> **Work instructions**: Lines below starting with the line with "abbrev pub any : (A → Bool) → List A → Bool" and going on through the line with "mem-if true y x xs (Memᴰ.head" must be output exactly; the rest of the records must be left out.

> **Extracted records**:
☆ ☆ ☆ ☆ ☆ ☆ ☆

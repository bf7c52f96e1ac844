-- ===== src/Prelude/Lists.antt =====
-- Lists by Boolean tests (`Array.prototype.find`, `filter`, `some`), with native lengths.
use Prim.Native.Nat.{ℕ, zero, suc, ◌+◌, ◌-◌, ◌≤◌}
use mathlib.Core.Path.{◌≡◌, refl, sym, subst, ap, ◌∙◌}
use mathlib.Core.Logic.{◌↔◌, ◌⊎◌, inl, inr}
use mathlib.Core.Bool.{Bool, true, false, not, ◌||◌}
use mathlib.Core.Option.{Option, none, some}
use mathlib.Core.List.{List, [], ◌∷◌, ◌++◌, Memᴰ}
use native.Mathlib.Omega.{arith}
use pi_smart_router.Prelude.Tests.{if◌then◌else◌, Bool-cases, Option-cases}

module _ {ℓ} {A : Type ℓ} where
  abbrev pub length : List A → ℕ
  length [] = 0
  length (x ∷ xs) = suc (length xs)

  pub length-append : (xs ys : List A) → length (xs ++ ys) ≡ length xs + length ys
  length-append [] ys = omega arith
  length-append (x ∷ xs) ys = omega (arith, length-append xs ys)

  abbrev pub find : (A → Bool) → List A → Option A
  find p [] = none
  find p (x ∷ xs) = if p x then some x else find p xs

  abbrev pub filter : (A → Bool) → List A → List A
  filter p [] = []
  filter p (x ∷ xs) = let rest = filter p xs in if p x then x ∷ rest else rest

  abbrev pub any : (A → Bool) → List A → Bool
  any p [] = false
  any p (x ∷ xs) = p x || any p xs

  abbrev pub drop : ℕ → List A → List A
  drop zero xs = xs
  drop (suc n) [] = []
  drop (suc n) (x ∷ xs) = drop n xs

  abbrev pub take : ℕ → List A → List A
  take zero xs = []
  take (suc n) [] = []
  take (suc n) (x ∷ xs) = x ∷ take n xs

  -- `xs[i]`
  abbrev pub get_elem? : List A → ℕ → Option A
  get_elem? [] i = none
  get_elem? (x ∷ xs) zero = some x
  get_elem? (x ∷ xs) (suc i) = get_elem? xs i

  -- `All P xs`: every member satisfies `P`.
  abbrev pub All {κ} : (A → Type κ) → List A → Type κ
  All P [] = Unit
  All P (x ∷ xs) = P x × All P xs

  -- A found element is a member that passes the test.
  pub find_sound :
      (p : A → Bool) (xs : List A) (x : A) → find p xs ≡ some x → Memᴰ x xs × (p x ≡ true)
  find_sound p [] x e = cc
  find_sound p (y ∷ xs) x e = elim (Bool-cases (p y)) [
    | inl here ↦ (Memᴰ.head (ground arith), ground arith)
    | inr miss ↦ let r = find_sound p xs x (ground arith) in (Memᴰ.tail r.0, r.1)
  ]

  -- Nothing is found exactly when every member fails the test.
  pub find-eq-none_iff :
      (p : A → Bool) (xs : List A) → (find p xs ≡ none) ↔ All (λ x. p x ≡ false) xs
  find-eq-none_iff p [] = (λ _. tt, λ _. refl)
  find-eq-none_iff p (x ∷ xs) =
      let (to, from) = find-eq-none_iff p xs in
      (λ e. (ground arith, to (ground arith)), λ h. ground (arith, from h.1))

  pub All-mem {κ} : (P : A → Type κ) (xs : List A) (x : A) → All P xs → Memᴰ x xs → P x
  All-mem P [] x h m = elim m [ ]
  All-mem P (y ∷ xs) x h (Memᴰ.head e) = subst P (sym e) h.0
  All-mem P (y ∷ xs) x h (Memᴰ.tail m) = All-mem P xs x h.1 m

  mem-if :
      (b : Bool) (y x : A) (xs : List A)
      → Memᴰ x (if b then y ∷ xs else xs)
      → ((x ≡ y) × (b ≡ true)) ⊎ Memᴰ x xs
  mem-if true y x xs (Memᴰ.head e) = inl (e, refl)
  mem-if true y x xs (Memᴰ.tail m) = inr m
  mem-if false y x xs m = inr m

  pub mem-filter :
      (p : A → Bool) (xs : List A) (x : A) → Memᴰ x (filter p xs) → Memᴰ x xs × (p x ≡ true)
  mem-filter p [] x m = elim m [ ]
  mem-filter p (y ∷ xs) x m = elim (mem-if (p y) y x (filter p xs) m) [
    | inl (e, h) ↦ (Memᴰ.head e, rw e h)
    | inr later ↦ let r = mem-filter p xs x later in (Memᴰ.tail r.0, r.1)
  ]

  pub length-filter-le : (p : A → Bool) (xs : List A) → length (filter p xs) ≤ length xs
  length-filter-le p [] = omega arith
  length-filter-le p (x ∷ xs) = ground (arith, length-filter-le p xs)

  pub filter-append :
      (p : A → Bool) (xs ys : List A) → filter p (xs ++ ys) ≡ filter p xs ++ filter p ys
  filter-append p [] ys = refl
  filter-append p (x ∷ xs) ys = elim (Bool-cases (p x)) [
    | inl e ↦ rw (e, filter-append p xs ys)
    | inr e ↦ rw (e, filter-append p xs ys)
  ]

  pub length-drop : (n : ℕ) (xs : List A) → length (drop n xs) ≡ length xs - n
  length-drop zero xs = omega arith
  length-drop (suc n) [] = omega arith
  length-drop (suc n) (x ∷ xs) = omega (arith, length-drop n xs)

  pub drop-append : (n : ℕ) (xs ys : List A) → n ≤ length xs → drop n (xs ++ ys) ≡ drop n xs ++ ys
  drop-append zero xs ys h = refl
  drop-append (suc n) [] ys h = absurd (omega arith)
  drop-append (suc n) (x ∷ xs) ys h = drop-append n xs ys (omega arith)

  -- `n = xs.findIndex(p)`, then `xs.splice(n, 1)`; none where the index is -1.
  abbrev pub without_first : (A → Bool) → List A → Option (List A)
  without_first p [] = none
  without_first p (x ∷ xs) =
      let rest = without_first p xs in
      if p x then some xs else elim rest [ none ↦ none | some ys ↦ some (x ∷ ys) ]

  pub some_injective : (xs ys : List A) → some xs ≡ some ys → xs ≡ ys
  some_injective xs ys e = cc

  pub length-without_first :
      (p : A → Bool) (xs ys : List A) → without_first p xs ≡ some ys → suc (length ys) ≡ length xs
  length-without_first p [] ys e = cc
  length-without_first p (x ∷ xs) ys e = elim (Bool-cases (p x)) [
    | inl here ↦ ap (λ l. suc (length l)) (sym (some_injective xs ys (rw here at e)))
    | inr miss ↦ elim (Option-cases (without_first p xs)) [
      | inl nowhere ↦ cc (rw (miss, nowhere) at e)
      | inr (zs, found) ↦
          ap (λ l. suc (length l)) (sym (some_injective (x ∷ zs) ys (rw (miss, found) at e)))
          ∙ ap suc (length-without_first p xs zs found)
    ]
  ]

  -- The elements that fail the test stay, in their order.
  pub filter-without_first :
      (p : A → Bool) (xs ys : List A)
      → without_first (λ x. not (p x)) xs ≡ some ys
      → filter p ys ≡ filter p xs
  filter-without_first p [] ys e = cc
  filter-without_first p (x ∷ xs) ys e = elim (Bool-cases (p x)) [
    | inr here ↦ rw here (ap (filter p) (sym (some_injective xs ys (rw here at e))))
    | inl miss ↦ elim (Option-cases (without_first (λ x. not (p x)) xs)) [
      | inl nowhere ↦ cc (rw (miss, nowhere) at e)
      | inr (zs, found) ↦
          rw (← some_injective (x ∷ zs) ys (rw (miss, found) at e))
            (rw (miss, filter-without_first p xs zs found))
    ]
  ]

  mem-if_in : (b : Bool) (y x : A) (xs : List A) → Memᴰ x xs → Memᴰ x (if b then y ∷ xs else xs)
  mem-if_in true y x xs m = Memᴰ.tail m
  mem-if_in false y x xs m = m

  pub filter-mem :
      (p : A → Bool) (xs : List A) (x : A) → Memᴰ x xs → p x ≡ true → Memᴰ x (filter p xs)
  filter-mem p [] x m h = elim m [ ]
  filter-mem p (y ∷ xs) x (Memᴰ.head e) h = rw (← e, h) (Memᴰ.head refl)
  filter-mem p (y ∷ xs) x (Memᴰ.tail m) h =
      mem-if_in (p y) y x (filter p xs) (filter-mem p xs x m h)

☆ ☆ ☆ ☆ ☆ ☆ ☆

> **Output for this task**:
  abbrev pub any : (A → Bool) → List A → Bool
  any p [] = false
  any p (x ∷ xs) = p x || any p xs

  abbrev pub drop : ℕ → List A → List A
  drop zero xs = xs
  drop (suc n) [] = []
  drop (suc n) (x ∷ xs) = drop n xs

  abbrev pub take : ℕ → List A → List A
  take zero xs = []
  take (suc n) [] = []
  take (suc n) (x ∷ xs) = x ∷ take n xs

  -- `xs[i]`
  abbrev pub get_elem? : List A → ℕ → Option A
  get_elem? [] i = none
  get_elem? (x ∷ xs) zero = some x
  get_elem? (x ∷ xs) (suc i) = get_elem? xs i

  -- `All P xs`: every member satisfies `P`.
  abbrev pub All {κ} : (A → Type κ) → List A → Type κ
  All P [] = Unit
  All P (x ∷ xs) = P x × All P xs

  -- A found element is a member that passes the test.
  pub find_sound :
      (p : A → Bool) (xs : List A) (x : A) → find p xs ≡ some x → Memᴰ x xs × (p x ≡ true)
  find_sound p [] x e = cc
  find_sound p (y ∷ xs) x e = elim (Bool-cases (p y)) [
    | inl here ↦ (Memᴰ.head (ground arith), ground arith)
    | inr miss ↦ let r = find_sound p xs x (ground arith) in (Memᴰ.tail r.0, r.1)
  ]

  -- Nothing is found exactly when every member fails the test.
  pub find-eq-none_iff :
      (p : A → Bool) (xs : List A) → (find p xs ≡ none) ↔ All (λ x. p x ≡ false) xs
  find-eq-none_iff p [] = (λ _. tt, λ _. refl)
  find-eq-none_iff p (x ∷ xs) =
      let (to, from) = find-eq-none_iff p xs in
      (λ e. (ground arith, to (ground arith)), λ h. ground (arith, from h.1))

  pub All-mem {κ} : (P : A → Type κ) (xs : List A) (x : A) → All P xs → Memᴰ x xs → P x
  All-mem P [] x h m = elim m [ ]
  All-mem P (y ∷ xs) x h (Memᴰ.head e) = subst P (sym e) h.0
  All-mem P (y ∷ xs) x h (Memᴰ.tail m) = All-mem P xs x h.1 m

  mem-if :
      (b : Bool) (y x : A) (xs : List A)
      → Memᴰ x (if b then y ∷ xs else xs)
      → ((x ≡ y) × (b ≡ true)) ⊎ Memᴰ x xs
  mem-if true y x xs (Memᴰ.head e) = inl (e, refl)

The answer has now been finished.